We aimed to cluster deceased donor kidney transplant recipients with prolonged cold ischemia time (CIT) using an unsupervised machine learning approach. We performed consensus cluster analysis on 11615 deceased donor kidney transplant patients with CIT exceeding 24h using OPTN/UNOS data from 2015 to 2019. Cluster characteristics of clinical significance were identified, and post-transplant outcomes were compared. Consensus cluster analysis identified two clinically distinct clusters. Cluster 1 was characterized by young, non-diabetic patients who received kidney transplants from young, non-hypertensive, non-ECD deceased donors with lower KDPI scores.

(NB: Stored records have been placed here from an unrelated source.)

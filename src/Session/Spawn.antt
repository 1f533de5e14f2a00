-- ===== src/Session/Spawn.antt =====
-- src/session_manager.rs `ensure_running`: who spawns a session's process, with what, and how it is
-- installed. Starting a process is a parameter, `launch`: it gives a process or an error.
pub mod Protocol
pub mod Fallback
use zeromux.Prelude.{
  ℕ, zero, suc, String, str_eq, Bool, true, false, not, ◌&&◌, Option, none, some, List, [], ◌∷◌,
  ◌⊎◌, inl, inr, is_some, is_none, if◌then◌else◌,
}
use zeromux.Session.{
  Session, SessionType, tmux_session, claude_session, codex_session, crew_session, ResumeToken,
  claude, codex, tmux, crew, CrewMeta, RunningProcess, running_meta,
}
use zeromux.Session.Turn.{token_eq}

pub record SpawnPlan : Type 0 where
  pub stype : SessionType
  pub resume_token : Option ResumeToken
  pub work_dir : String
  pub owner_id : String
  pub cols : ℕ
  pub rows : ℕ
  pub source_task_id : Option String
  pub crew : Option CrewMeta

pub data SpawnDecision : Type 0 where
  already_running wait : SpawnDecision
  spawn : SpawnPlan → SpawnDecision

-- Phase 1, under the lock.
unfoldable pub decide_spawn : Session → SpawnDecision × Session
decide_spawn s =
    if is_some s.running then (already_running, s) else if s.spawning then (wait, s) else (
      spawn record {
        stype = s.session_type;
        resume_token = s.resume_token;
        work_dir = s.work_dir;
        owner_id = s.owner_id;
        cols = s.cols;
        rows = s.rows;
        source_task_id = s.source_task_id;
        crew = s.crew_meta;
      },
      record s { spawning = true },
    )

-- `SpawningGuard::drop`.
unfoldable pub drop_guard : Bool → Session → Session
drop_guard armed s = if armed then record s { spawning = false } else s

pub data SlotInit : Type 0 where
  slot_resume : String → Bool → SlotInit
  slot_new : String → String → SlotInit

owns_slot : CrewMeta → Bool
owns_slot c = not (str_eq c.origin "external")

slot_owned : Option CrewMeta → Bool
slot_owned none = true
slot_owned (some c) = owns_slot c

new_slot : Option CrewMeta → SlotInit
new_slot none = slot_new "" ""
new_slot (some c) = slot_new c.mode c.agent

unfoldable pub crew_slot_init : Option ResumeToken → Option CrewMeta → SlotInit
unfolding owns_slot slot_owned new_slot
crew_slot_init (some (crew k)) c = slot_resume k (slot_owned c)
crew_slot_init (some (claude k)) c = new_slot c
crew_slot_init (some (codex k)) c = new_slot c
crew_slot_init (some (tmux k)) c = new_slot c
crew_slot_init none c = new_slot c

-- What a backend is started with.
pub data Launch : Type 0 where
  launch_claude launch_codex launch_tmux : Option String → Launch
  launch_crew : SlotInit → Launch

claude_token : Option ResumeToken → Option String
claude_token (some (claude k)) = some k
claude_token _ = none

codex_token : Option ResumeToken → Option String
codex_token (some (codex k)) = some k
codex_token _ = none

tmux_token : Option ResumeToken → Option String
tmux_token (some (tmux k)) = some k
tmux_token _ = none

unfoldable pub launch_of : SessionType → Option ResumeToken → Option CrewMeta → Launch
unfolding claude_token codex_token tmux_token
launch_of claude_session token c = launch_claude (claude_token token)
launch_of codex_session token c = launch_codex (codex_token token)
launch_of crew_session token c = launch_crew (crew_slot_init token c)
launch_of tmux_session token c = launch_tmux (tmux_token token)

unfoldable pub attempted_resume : SessionType → Option ResumeToken → Bool
attempted_resume claude_session (some (claude k)) = true
attempted_resume codex_session (some (codex k)) = true
attempted_resume tmux_session (some (tmux k)) = true
attempted_resume crew_session (some (crew k)) = true
attempted_resume _ _ = false

-- A failed tmux session is not replaced by a bare shell.
retry_launch : SessionType → Option CrewMeta → Option Launch
retry_launch tmux_session c = none
retry_launch claude_session c = some (launch_of claude_session none c)
retry_launch codex_session c = some (launch_of codex_session none c)
retry_launch crew_session c = some (launch_of crew_session none c)

abbrev pub Spawned : Type 0
Spawned = RunningProcess ⊎ String

retry : (Launch → Spawned) → Option Launch → String → Spawned × Bool
retry launch none e = (inr e, false)
retry launch (some l) e = elim (launch l) [ inl rp ↦ (inl rp, true) | inr e2 ↦ (inr e2, false) ]

-- Phase 2: the process or the error, and whether a fresh one stands in for a failed resume.
unfoldable pub start_process : (Launch → Spawned) → SpawnPlan → Spawned × Bool
unfolding retry retry_launch
start_process launch plan = elim (launch (launch_of plan.stype plan.resume_token plan.crew)) [
  | inl rp ↦ (inl rp, false)
  | inr e ↦
      if attempted_resume plan.stype plan.resume_token
      then retry launch (retry_launch plan.stype plan.crew) e
      else (inr e, false)
]

unfoldable pub option_token_eq : Option ResumeToken → Option ResumeToken → Bool
option_token_eq none none = true
option_token_eq (some a) (some b) = token_eq a b
option_token_eq _ _ = false

adopt_origin : Option CrewMeta → Option CrewMeta
adopt_origin none = none
adopt_origin (some c) = some (record c { origin = "zeromux" })

-- The session, and whether the stored token is cleared.
unfoldable pub adopt_fresh_slot : Option ResumeToken → Session → Session × Bool
unfolding option_token_eq adopt_origin token_eq
adopt_fresh_slot stale s =
    let token = if option_token_eq s.resume_token stale then none else s.resume_token in
    (record s { resume_token = token; crew_meta = adopt_origin s.crew_meta }, is_none token)

adopt_if : Bool → Option ResumeToken → Session → Session
adopt_if true stale s = (adopt_fresh_slot stale s).0
adopt_if false stale s = s

-- Phase 3, under the lock again.
unfoldable pub install : Spawned × Bool → Option ResumeToken → Session → Session
unfolding adopt_if
install (inl rp, fell_back) stale s =
    let kept = adopt_if fell_back stale s in
    record kept { spawning = false; running = some rp; status = running_meta }
install (inr e, fell_back) stale s = record s { spawning = false }

pub data Waited : Type 0 where
  ready again aborted removed : Waited

-- One look of a caller that waits for another's spawn.
unfoldable pub poll : Option Session → Waited
poll none = removed
poll (some s) = if is_some s.running then ready else if s.spawning then again else aborted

In contrast, the patients in cluster 2 were older and more likely to have diabetes. Cluster 2 recipients were more likely to receive transplants from older donors with a higher KDPI. There was lower use of machine perfusion in Cluster 1 and incrementally longer CIT in Cluster 2. Cluster 2 had a higher incidence of delayed graft function (42%vs. 29%), and lower 1-year patient (95%vs. 98%) and death-censored (95%vs. 97%) graft survival compared to Cluster 1. Unsupervised machine learning characterized deceased donor kidney transplant recipients with prolonged CIT into two clusters with differing outcomes. Although Cluster 1 had more favorable recipient and donor characteristics and better survival, the outcomes observed in Cluster 2 were also satisfactory. Overall, both clusters demonstrated good survival suggesting opportunities for transplant centers to incrementally increase CIT.